*** Block opens ***

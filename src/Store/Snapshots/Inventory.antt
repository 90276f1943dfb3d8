-- ===== src/Store/Snapshots/Inventory.antt =====
-- Which hosts the inventory shows.
use certinv.Prelude.{
  int_eq, int_eq_iff, Bool, true, false, not, ◌&&◌, ◌||◌, Option, none, some, List, [], ◌∷◌, ◌++◌,
  map, any, select, All, All-map, All-append, ◌==◌, ◌≡◌, refl, sym, ap, ◌∙◌, subst, inl, inr, arith,
  Bool-cases, eq_iff, eq_refl,
}
use certinv.Store.Table.{insert_sorted, order_by}
use certinv.Store.Table.Members.{All-order_by}
use certinv.Store.Schema.{Db, HostRow}
use certinv.Store.Hosts.{is_suppressed}
use certinv.Store.Snapshots.{
  InventoryRow, Joined, flat_map, or_null, partners, state_test, joined_of, is_shown, inventory_row,
  row_le, inventory_of,
}

module _ {A : Type 0} where
  any-append : (p : A → Bool) (xs ys : List A) → any p (xs ++ ys) ≡ (any p xs || any p ys)
  unfolding any
  any-append p [] ys = refl
  any-append p (x ∷ xs) ys =
      rw (any-append p xs ys) (elim (Bool-cases (p x)) [ inl y ↦ rw y refl | inr n ↦ rw n refl ])

  any-insert_sorted :
      (p : A → Bool) (before : A → A → Bool) (x : A) (xs : List A)
      → any p (insert_sorted before x xs) ≡ (p x || any p xs)
  unfolding any insert_sorted
  any-insert_sorted p before x [] = refl
  any-insert_sorted p before x (y ∷ ys) = elim (Bool-cases (before x y)) [
    | inl b ↦ rw b refl
    | inr b ↦ rw (b, any-insert_sorted p before x ys) (ground arith)
  ]

  pub any-order_by :
      (p : A → Bool) (before : A → A → Bool) (xs : List A) → any p (order_by before xs) ≡ any p xs
  unfolding any order_by
  any-order_by p before [] = refl
  any-order_by p before (x ∷ xs) =
      any-insert_sorted p before x (order_by before xs)
      ∙ ap (λ b. p x || b) (any-order_by p before xs)

  -- each member passes, where whatever test it passes is passed by some member of the whole list
  All-within :
      (C : A → Type 0) (xs : List A)
      → ((x : A) → ((p : A → Bool) → p x ≡ true → any p xs ≡ true) → C x)
      → All C xs
  unfolding any
  All-within C [] h = tt
  All-within C (x ∷ xs) h =
      (h x (λ p y. rw y refl), All-within C xs (λ z k. h z (λ p y. ground (arith, k p y))))

  pub select_passes : (p : A → Bool) (xs : List A) → All (λ x. p x ≡ true) (select p xs)
  unfolding select
  select_passes p [] = tt
  select_passes p (x ∷ xs) = elim (Bool-cases (p x)) [
    | inl y ↦ rw y (y, select_passes p xs)
    | inr n ↦ rw n (select_passes p xs)
  ]

  any-select : (p q : A → Bool) (xs : List A) → any q (select p xs) ≡ any (λ x. p x && q x) xs
  unfolding any select
  any-select p q [] = refl
  any-select p q (x ∷ xs) = elim (Bool-cases (p x)) [
    | inl y ↦ rw (y, any-select p q xs) refl
    | inr n ↦ rw (n, any-select p q xs) refl
  ]

module _ {A B : Type 0} where
  pub any-map : (p : B → Bool) (f : A → B) (xs : List A) → any p (map f xs) ≡ any (λ x. p (f x)) xs
  unfolding any
  any-map p f [] = refl
  any-map p f (x ∷ xs) = rw (any-map p f xs) refl

  any-flat_map :
      (p : B → Bool) (f : A → List B) (xs : List A)
      → any p (flat_map f xs) ≡ any (λ x. any p (f x)) xs
  unfolding any flat_map
  any-flat_map p f [] = refl
  any-flat_map p f (x ∷ xs) =
      any-append p (f x) (flat_map f xs) ∙ ap (λ b. any p (f x) || b) (any-flat_map p f xs)

  All-flat_map :
      (P : B → Type 0) (Q : A → Type 0) (f : A → List B)
      → ((x : A) → Q x → All P (f x))
      → (xs : List A) → All Q xs
      → All P (flat_map f xs)
  unfolding flat_map
  All-flat_map P Q f h [] q = tt
  All-flat_map P Q f h (x ∷ xs) q =
      All-append P (f x) (flat_map f xs) (h x q.0) (All-flat_map P Q f h xs q.1)

  All-image : (P : B → Type 0) (f : A → B) → ((x : A) → P (f x)) → (xs : List A) → All P (map f xs)
  All-image P f h [] = tt
  All-image P f h (x ∷ xs) = (h x, All-image P f h xs)

module _ {A B : Type 0} where
  All-image_of :
      (P : B → Type 0) (f : A → B) (xs : List A) → All (λ x. P (f x)) xs → All P (map f xs)
  All-image_of P f [] h = tt
  All-image_of P f (x ∷ xs) h = (h.0, All-image_of P f xs h.1)

trivially : {A : Type 0} (xs : List A) → All (λ _. Unit {0}) xs
trivially [] = tt
trivially (x ∷ xs) = (tt, trivially xs)

-- the row is of the host
abbrev pub is_row_of : HostRow → InventoryRow → Bool
is_row_of h row = row.hostname == h.hostname && int_eq row.port h.port

module _ {B : Type 0} (p : B → Bool) (ys : List B) where
  any-partners :
      (q : Option B → Bool) → ((y : Option B) → q y ≡ true) → any q (partners p ys) ≡ true
  unfolding any partners
  any-partners q h = elim (select p ys) as (λ found. any q (or_null found) ≡ true) [
    | [] ↦ rw (h none) refl
    | y ∷ rest ↦ rw (h (some y)) refl
  ]

module _ (db : Db) (h : HostRow) where
  joined_of-host : All (λ (j : Joined). j.host ≡ h) (joined_of db h)
  unfolding joined_of
  joined_of-host =
      All-flat_map (λ (j : Joined). j.host ≡ h) (λ _. Unit {0}) _
        (λ hc _.
          All-flat_map (λ (j : Joined). j.host ≡ h) (λ _. Unit {0}) _
            (λ c _.
              All-image (λ (j : Joined). j.host ≡ h) _ (λ cs. refl)
                (partners (state_test h c) db.certificate_states))
            _ (trivially _))
        _ (trivially _)

  -- a host has a row, also where it has no certificate
  any-joined_of :
      (q : Joined → Bool) → ((j : Joined) → j.host ≡ h → q j ≡ true) → any q (joined_of db h) ≡ true
  unfolding joined_of
  any-joined_of q passes =
      any-flat_map q _ _
      ∙ any-partners _ _ _ (λ hc.
        any-flat_map q _ _
        ∙ any-partners _ _ _ (λ c. any-map q _ _ ∙ any-partners _ _ _ (λ cs. passes _ refl)))

module _ (db : Db) where
  abbrev Shown : InventoryRow → Type 0
  Shown row = any (is_suppressed row.hostname row.port) db.suppressed_hosts ≡ false

  joined_of-Shown :
      (h : HostRow) → is_shown db h ≡ true → All (λ j. Shown (inventory_row j)) (joined_of db h)
  joined_of-Shown h shown =
      All-map (λ (j : Joined). j.host ≡ h) (λ j. Shown (inventory_row j))
        (λ j same. rw same (ground (arith, shown))) (joined_of db h) (joined_of-host db h)

  rows-Shown : All Shown (inventory_of db)
  unfolding inventory_of
  rows-Shown = All-order_by Shown row_le _ (
      All-image_of Shown inventory_row _ (
        All-flat_map (λ j. Shown (inventory_row j)) (λ h. is_shown db h ≡ true) (joined_of db)
          joined_of-Shown (select (is_shown db) db.hosts) (select_passes (is_shown db) db.hosts)))

  is_row_of_self : (h : HostRow) (j : Joined) → j.host ≡ h → is_row_of h (inventory_row j) ≡ true
  is_row_of_self h j same =
      rw same (rw (eq_refl h.hostname, (int_eq_iff h.port h.port).1 refl) refl)

  -- a host that is not suppressed has a row
  row_of_shown :
      (h : HostRow)
      → ((p : HostRow → Bool) → p h ≡ true → any p db.hosts ≡ true)
      → is_shown db h ≡ true
      → any (is_row_of h) (inventory_of db) ≡ true
  unfolding inventory_of
  row_of_shown h within shown =
      any-order_by (is_row_of h) row_le _
      ∙ any-map (is_row_of h) inventory_row _
      ∙ any-flat_map (λ j. is_row_of h (inventory_row j)) (joined_of db) _
      ∙ any-select (is_shown db) _ db.hosts
      ∙ within _ (
          rw (shown, any-joined_of db h (λ j. is_row_of h (inventory_row j)) (is_row_of_self h))
            refl)

  is_row_of-Shown :
      (h : HostRow) (row : InventoryRow) → is_row_of h row ≡ true → Shown row → is_shown db h ≡ true
  is_row_of-Shown h row y shown =
      let name : row.hostname ≡ h.hostname = (eq_iff row.hostname h.hostname).0 (ground arith) in
      let at : row.port ≡ h.port = (int_eq_iff row.port h.port).0 (ground arith) in
      let of_host : any (is_suppressed h.hostname h.port) db.suppressed_hosts ≡ false =
        subst (λ p. any (is_suppressed h.hostname p) db.suppressed_hosts ≡ false) at
          (subst (λ n. any (is_suppressed n row.port) db.suppressed_hosts ≡ false) name shown) in
      ap not of_host

  none_of_All :
      (h : HostRow) (rows : List InventoryRow)
      → All Shown rows
      → is_shown db h ≡ false
      → any (is_row_of h) rows ≡ false
  unfolding any
  none_of_All h [] all hidden = refl
  none_of_All h (row ∷ rows) all hidden = elim (Bool-cases (is_row_of h row)) [
    | inl y ↦ absurd (cc (is_row_of-Shown h row y all.0, hidden))
    | inr n ↦ rw n (none_of_All h rows all.1 hidden)
  ]

-- The inventory has a row for a known host exactly where the host is not suppressed.
pub inventory_exact :
    (db : Db) → All (λ h. any (is_row_of h) (inventory_of db) ≡ is_shown db h) db.hosts
inventory_exact db =
    All-within (λ h. any (is_row_of h) (inventory_of db) ≡ is_shown db h) db.hosts
      (λ h within. elim (Bool-cases (is_shown db h)) [
        | inl y ↦ row_of_shown db h within y ∙ sym y
        | inr n ↦ none_of_All db h (inventory_of db) (rows-Shown db) n ∙ sym n
      ])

*** Block closes ***

* _What you need to do_: Starting at the first line of the entries above, please extract each line up to and including the line with "any-order_by p before (x", unchanged, and add nothing.

* _The answer_:
filename src/Store/Snapshots/Inventory.antt
repository 90276f1943dfb3d8
-- ===== src/Store/Snapshots/Inventory.antt =====
-- Which hosts the inventory shows.
use certinv.Prelude.{
  int_eq, int_eq_iff, Bool, true, false, not, ◌&&◌, ◌||◌, Option, none, some, List, [], ◌∷◌, ◌++◌,
  map, any, select, All, All-map, All-append, ◌==◌, ◌≡◌, refl, sym, ap, ◌∙◌, subst, inl, inr, arith,
  Bool-cases, eq_iff, eq_refl,
}
use certinv.Store.Table.{insert_sorted, order_by}
use certinv.Store.Table.Members.{All-order_by}
use certinv.Store.Schema.{Db, HostRow}
use certinv.Store.Hosts.{is_suppressed}
use certinv.Store.Snapshots.{
  InventoryRow, Joined, flat_map, or_null, partners, state_test, joined_of, is_shown, inventory_row,
  row_le, inventory_of,
}

module _ {A : Type 0} where
  any-append : (p : A → Bool) (xs ys : List A) → any p (xs ++ ys) ≡ (any p xs || any p ys)
  unfolding any
  any-append p [] ys = refl
  any-append p (x ∷ xs) ys =
      rw (any-append p xs ys) (elim (Bool-cases (p x)) [ inl y ↦ rw y refl | inr n ↦ rw n refl ])

  any-insert_sorted :
      (p : A → Bool) (before : A → A → Bool) (x : A) (xs : List A)
      → any p (insert_sorted before x xs) ≡ (p x || any p xs)
  unfolding any insert_sorted
  any-insert_sorted p before x [] = refl
  any-insert_sorted p before x (y ∷ ys) = elim (Bool-cases (before x y)) [
    | inl b ↦ rw b refl
    | inr b ↦ rw (b, any-insert_sorted p before x ys) (ground arith)
  ]

  pub any-order_by :
      (p : A → Bool) (before : A → A → Bool) (xs : List A) → any p (order_by before xs) ≡ any p xs
  unfolding any order_by
  any-order_by p before [] = refl
  any-order_by p before (x ∷ xs) =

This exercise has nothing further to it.